Set down exactly the lines in the records below that run from the line with "(λ e m. r.skipped_below" to the line with "e.0 < number)", inclusive, and nothing more.

[Stored items from a collection]
○ ○ ○ ○ ○
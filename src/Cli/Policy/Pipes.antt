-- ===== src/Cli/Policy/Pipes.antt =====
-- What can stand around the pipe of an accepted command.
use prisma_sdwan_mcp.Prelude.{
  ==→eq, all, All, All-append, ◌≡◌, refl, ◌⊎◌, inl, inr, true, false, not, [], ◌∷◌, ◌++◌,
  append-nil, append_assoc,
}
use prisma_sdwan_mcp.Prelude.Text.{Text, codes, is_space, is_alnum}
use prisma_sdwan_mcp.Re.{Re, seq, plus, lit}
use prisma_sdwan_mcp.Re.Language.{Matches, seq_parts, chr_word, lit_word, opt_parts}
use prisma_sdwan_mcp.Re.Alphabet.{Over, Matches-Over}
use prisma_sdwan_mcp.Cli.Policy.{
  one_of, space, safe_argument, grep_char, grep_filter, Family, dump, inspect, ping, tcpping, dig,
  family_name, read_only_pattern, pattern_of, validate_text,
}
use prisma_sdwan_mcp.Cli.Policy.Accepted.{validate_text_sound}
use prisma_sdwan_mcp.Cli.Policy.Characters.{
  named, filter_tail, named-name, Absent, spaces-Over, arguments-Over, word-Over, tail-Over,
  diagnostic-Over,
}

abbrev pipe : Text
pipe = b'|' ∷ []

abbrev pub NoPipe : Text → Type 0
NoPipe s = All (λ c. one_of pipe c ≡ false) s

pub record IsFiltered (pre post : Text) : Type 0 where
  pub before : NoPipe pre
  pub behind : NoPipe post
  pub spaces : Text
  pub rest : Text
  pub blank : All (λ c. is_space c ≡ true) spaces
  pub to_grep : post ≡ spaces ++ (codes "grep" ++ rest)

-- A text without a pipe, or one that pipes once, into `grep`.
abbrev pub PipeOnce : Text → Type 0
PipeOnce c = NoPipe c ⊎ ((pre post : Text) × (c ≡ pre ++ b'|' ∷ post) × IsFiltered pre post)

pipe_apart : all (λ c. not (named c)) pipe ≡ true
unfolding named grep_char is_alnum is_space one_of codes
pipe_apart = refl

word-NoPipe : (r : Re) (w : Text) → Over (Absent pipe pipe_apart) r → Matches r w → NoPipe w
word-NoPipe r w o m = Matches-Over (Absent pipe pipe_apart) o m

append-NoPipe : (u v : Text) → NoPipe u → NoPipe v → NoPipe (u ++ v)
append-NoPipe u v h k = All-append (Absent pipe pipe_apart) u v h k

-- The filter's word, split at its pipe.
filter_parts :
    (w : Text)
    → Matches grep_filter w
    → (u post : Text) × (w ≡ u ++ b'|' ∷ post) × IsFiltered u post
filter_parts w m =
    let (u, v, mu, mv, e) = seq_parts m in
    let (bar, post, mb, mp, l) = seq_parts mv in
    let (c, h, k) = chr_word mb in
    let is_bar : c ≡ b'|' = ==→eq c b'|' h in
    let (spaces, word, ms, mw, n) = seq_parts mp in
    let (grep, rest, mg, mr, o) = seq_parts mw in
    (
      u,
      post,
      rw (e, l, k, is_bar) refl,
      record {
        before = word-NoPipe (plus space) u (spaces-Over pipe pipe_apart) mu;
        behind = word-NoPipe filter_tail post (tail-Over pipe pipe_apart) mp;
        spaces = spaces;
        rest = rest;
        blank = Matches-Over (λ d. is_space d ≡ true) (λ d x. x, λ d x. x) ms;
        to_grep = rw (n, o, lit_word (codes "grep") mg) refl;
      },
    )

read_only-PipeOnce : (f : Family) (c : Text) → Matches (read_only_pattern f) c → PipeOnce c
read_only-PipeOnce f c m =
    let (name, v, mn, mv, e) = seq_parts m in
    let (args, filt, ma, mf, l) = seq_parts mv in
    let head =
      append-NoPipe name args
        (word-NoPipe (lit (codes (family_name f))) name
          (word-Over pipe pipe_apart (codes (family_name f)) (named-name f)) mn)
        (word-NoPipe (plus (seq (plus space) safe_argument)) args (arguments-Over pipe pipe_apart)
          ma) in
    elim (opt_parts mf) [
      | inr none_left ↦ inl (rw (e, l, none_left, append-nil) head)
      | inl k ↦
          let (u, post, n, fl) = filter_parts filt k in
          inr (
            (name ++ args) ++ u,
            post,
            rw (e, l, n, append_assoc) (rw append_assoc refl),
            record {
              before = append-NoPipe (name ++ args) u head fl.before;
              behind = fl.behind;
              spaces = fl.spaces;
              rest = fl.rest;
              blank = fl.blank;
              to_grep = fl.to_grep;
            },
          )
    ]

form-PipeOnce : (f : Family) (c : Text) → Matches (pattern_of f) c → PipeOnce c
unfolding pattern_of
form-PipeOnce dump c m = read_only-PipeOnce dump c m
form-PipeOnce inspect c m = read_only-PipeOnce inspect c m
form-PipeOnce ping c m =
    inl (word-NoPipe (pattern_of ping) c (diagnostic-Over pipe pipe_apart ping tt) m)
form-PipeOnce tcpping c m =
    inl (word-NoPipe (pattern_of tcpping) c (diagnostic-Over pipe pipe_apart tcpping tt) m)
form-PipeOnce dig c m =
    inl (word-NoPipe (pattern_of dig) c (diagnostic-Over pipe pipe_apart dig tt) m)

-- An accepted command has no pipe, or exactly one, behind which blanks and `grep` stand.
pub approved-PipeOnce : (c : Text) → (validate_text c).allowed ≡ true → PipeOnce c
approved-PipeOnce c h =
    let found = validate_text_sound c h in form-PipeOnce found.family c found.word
○ ○ ○ ○ ○
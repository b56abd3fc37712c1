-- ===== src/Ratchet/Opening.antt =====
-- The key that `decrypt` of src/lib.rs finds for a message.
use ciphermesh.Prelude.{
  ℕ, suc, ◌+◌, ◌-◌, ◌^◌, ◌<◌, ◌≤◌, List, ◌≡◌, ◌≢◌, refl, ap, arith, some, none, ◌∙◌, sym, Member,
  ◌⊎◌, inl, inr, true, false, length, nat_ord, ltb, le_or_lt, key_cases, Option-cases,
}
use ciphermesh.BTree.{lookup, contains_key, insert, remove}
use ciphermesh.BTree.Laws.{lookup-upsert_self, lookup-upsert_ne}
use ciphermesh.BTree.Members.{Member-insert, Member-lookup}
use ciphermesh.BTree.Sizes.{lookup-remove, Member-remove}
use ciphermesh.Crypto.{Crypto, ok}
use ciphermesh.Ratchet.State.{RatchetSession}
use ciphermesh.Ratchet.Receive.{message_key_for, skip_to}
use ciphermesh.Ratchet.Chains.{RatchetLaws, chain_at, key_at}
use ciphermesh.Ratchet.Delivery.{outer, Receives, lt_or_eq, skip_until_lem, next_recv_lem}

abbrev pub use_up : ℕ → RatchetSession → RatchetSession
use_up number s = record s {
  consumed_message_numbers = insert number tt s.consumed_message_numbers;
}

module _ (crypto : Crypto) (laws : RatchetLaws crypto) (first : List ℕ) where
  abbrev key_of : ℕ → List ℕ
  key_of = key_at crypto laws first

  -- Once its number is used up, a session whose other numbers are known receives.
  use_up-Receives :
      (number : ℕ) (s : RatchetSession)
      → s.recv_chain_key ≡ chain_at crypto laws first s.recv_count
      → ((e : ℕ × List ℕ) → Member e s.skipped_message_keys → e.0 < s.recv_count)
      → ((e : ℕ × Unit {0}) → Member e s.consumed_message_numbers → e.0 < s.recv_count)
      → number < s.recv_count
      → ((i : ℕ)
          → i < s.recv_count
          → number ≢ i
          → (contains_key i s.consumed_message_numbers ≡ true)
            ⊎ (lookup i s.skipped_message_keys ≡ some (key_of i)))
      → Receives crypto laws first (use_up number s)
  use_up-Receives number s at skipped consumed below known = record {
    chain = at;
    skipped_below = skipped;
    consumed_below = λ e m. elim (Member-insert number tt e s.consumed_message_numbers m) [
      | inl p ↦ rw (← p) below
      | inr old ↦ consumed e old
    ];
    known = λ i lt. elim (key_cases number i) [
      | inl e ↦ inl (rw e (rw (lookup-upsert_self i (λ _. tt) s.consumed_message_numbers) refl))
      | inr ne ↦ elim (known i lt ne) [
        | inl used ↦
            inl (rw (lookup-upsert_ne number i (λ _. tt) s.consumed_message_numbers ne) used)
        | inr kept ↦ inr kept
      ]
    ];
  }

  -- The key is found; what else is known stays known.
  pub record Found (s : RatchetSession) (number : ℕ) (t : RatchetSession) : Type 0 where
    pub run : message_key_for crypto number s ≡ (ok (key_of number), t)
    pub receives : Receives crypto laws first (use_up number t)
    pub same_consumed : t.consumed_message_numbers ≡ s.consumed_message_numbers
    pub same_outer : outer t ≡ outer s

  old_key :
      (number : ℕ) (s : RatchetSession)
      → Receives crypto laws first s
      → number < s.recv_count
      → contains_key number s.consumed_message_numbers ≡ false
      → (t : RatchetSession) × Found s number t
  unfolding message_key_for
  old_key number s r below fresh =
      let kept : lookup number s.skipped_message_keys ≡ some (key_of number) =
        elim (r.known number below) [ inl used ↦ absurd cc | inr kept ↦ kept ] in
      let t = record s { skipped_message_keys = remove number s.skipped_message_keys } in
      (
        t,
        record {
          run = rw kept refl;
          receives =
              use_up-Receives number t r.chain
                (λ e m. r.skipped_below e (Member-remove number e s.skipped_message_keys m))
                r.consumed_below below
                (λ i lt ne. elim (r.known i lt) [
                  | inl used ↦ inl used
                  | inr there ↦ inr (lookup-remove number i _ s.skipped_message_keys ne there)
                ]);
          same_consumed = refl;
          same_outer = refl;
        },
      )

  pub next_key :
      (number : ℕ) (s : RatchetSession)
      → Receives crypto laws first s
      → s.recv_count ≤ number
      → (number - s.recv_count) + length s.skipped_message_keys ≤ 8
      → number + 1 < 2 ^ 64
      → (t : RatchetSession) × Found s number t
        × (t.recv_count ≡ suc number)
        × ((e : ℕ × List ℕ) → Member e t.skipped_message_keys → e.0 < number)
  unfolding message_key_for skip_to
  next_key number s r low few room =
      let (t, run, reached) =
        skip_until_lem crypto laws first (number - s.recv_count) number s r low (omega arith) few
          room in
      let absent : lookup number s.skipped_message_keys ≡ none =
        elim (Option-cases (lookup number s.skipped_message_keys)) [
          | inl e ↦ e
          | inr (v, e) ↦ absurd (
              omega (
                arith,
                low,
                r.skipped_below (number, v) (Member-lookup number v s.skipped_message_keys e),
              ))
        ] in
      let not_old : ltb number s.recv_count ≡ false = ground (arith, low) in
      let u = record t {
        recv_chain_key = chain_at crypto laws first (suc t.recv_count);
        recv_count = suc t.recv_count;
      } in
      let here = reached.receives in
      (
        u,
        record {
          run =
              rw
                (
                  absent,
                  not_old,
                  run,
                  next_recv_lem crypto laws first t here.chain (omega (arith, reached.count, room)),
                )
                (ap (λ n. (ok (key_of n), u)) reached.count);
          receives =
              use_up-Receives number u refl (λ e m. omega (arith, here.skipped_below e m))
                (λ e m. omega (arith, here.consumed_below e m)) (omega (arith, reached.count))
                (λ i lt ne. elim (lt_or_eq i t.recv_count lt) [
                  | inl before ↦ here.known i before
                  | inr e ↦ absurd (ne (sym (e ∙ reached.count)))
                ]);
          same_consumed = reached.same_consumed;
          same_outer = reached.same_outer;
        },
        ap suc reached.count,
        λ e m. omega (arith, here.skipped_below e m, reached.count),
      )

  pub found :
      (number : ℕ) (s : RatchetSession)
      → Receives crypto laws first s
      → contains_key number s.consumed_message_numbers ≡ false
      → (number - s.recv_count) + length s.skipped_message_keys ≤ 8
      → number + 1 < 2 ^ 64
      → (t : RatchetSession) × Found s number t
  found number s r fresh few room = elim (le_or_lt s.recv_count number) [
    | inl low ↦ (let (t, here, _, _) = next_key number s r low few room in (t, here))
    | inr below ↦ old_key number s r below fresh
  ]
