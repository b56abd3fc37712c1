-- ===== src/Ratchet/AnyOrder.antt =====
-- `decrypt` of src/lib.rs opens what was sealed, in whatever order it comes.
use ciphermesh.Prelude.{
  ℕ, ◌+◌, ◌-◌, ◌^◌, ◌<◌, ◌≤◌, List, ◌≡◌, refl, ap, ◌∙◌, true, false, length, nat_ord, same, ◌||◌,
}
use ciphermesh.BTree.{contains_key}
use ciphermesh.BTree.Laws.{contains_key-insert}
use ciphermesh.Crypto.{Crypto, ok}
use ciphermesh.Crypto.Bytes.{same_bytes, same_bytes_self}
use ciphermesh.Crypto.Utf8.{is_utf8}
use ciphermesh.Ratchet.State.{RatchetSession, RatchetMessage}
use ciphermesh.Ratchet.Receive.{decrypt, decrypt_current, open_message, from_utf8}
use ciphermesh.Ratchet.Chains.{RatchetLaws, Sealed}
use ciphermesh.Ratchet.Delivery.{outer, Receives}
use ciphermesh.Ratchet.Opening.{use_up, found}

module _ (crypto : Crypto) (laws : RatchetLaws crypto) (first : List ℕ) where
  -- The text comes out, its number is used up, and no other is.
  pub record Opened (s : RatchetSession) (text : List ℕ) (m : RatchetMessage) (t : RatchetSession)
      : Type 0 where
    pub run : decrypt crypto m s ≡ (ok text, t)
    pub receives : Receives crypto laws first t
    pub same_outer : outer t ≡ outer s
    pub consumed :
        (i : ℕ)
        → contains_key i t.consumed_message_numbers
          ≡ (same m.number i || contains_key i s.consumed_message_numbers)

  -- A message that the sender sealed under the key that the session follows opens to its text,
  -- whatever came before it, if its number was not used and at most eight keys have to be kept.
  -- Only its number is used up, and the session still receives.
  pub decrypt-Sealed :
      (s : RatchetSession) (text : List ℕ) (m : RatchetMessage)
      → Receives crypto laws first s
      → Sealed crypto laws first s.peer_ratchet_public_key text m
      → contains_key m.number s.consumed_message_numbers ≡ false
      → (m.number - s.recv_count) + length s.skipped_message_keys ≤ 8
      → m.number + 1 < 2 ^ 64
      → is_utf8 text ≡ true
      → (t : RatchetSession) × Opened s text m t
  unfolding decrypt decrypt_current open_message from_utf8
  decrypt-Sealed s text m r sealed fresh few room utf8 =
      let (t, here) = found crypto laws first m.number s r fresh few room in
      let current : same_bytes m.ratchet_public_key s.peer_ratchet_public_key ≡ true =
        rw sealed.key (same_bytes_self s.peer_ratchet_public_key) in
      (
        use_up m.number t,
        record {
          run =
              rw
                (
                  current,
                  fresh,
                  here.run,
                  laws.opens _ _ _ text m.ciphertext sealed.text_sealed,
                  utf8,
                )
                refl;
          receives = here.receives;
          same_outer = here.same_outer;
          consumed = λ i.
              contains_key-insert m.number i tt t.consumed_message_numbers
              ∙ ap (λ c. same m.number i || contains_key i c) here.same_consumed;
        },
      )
○ ○ ○ ○ ○
■ ANSWER SECTION:
                (λ e m. r.skipped_below e (Member-remove number e s.skipped_message_keys m))
                r.consumed_below below
                (λ i lt ne. elim (r.known i lt) [
                  | inl used ↦ inl used
                  | inr there ↦ inr (lookup-remove number i _ s.skipped_message_keys ne there)
                ]);
          same_consumed = refl;
          same_outer = refl;
        },
      )

  pub next_key :
      (number : ℕ) (s : RatchetSession)
      → Receives crypto laws first s
      → s.recv_count ≤ number
      → (number - s.recv_count) + length s.skipped_message_keys ≤ 8
      → number + 1 < 2 ^ 64
      → (t : RatchetSession) × Found s number t
        × (t.recv_count ≡ suc number)
        × ((e : ℕ × List ℕ) → Member e t.skipped_message_keys → e.0 < number)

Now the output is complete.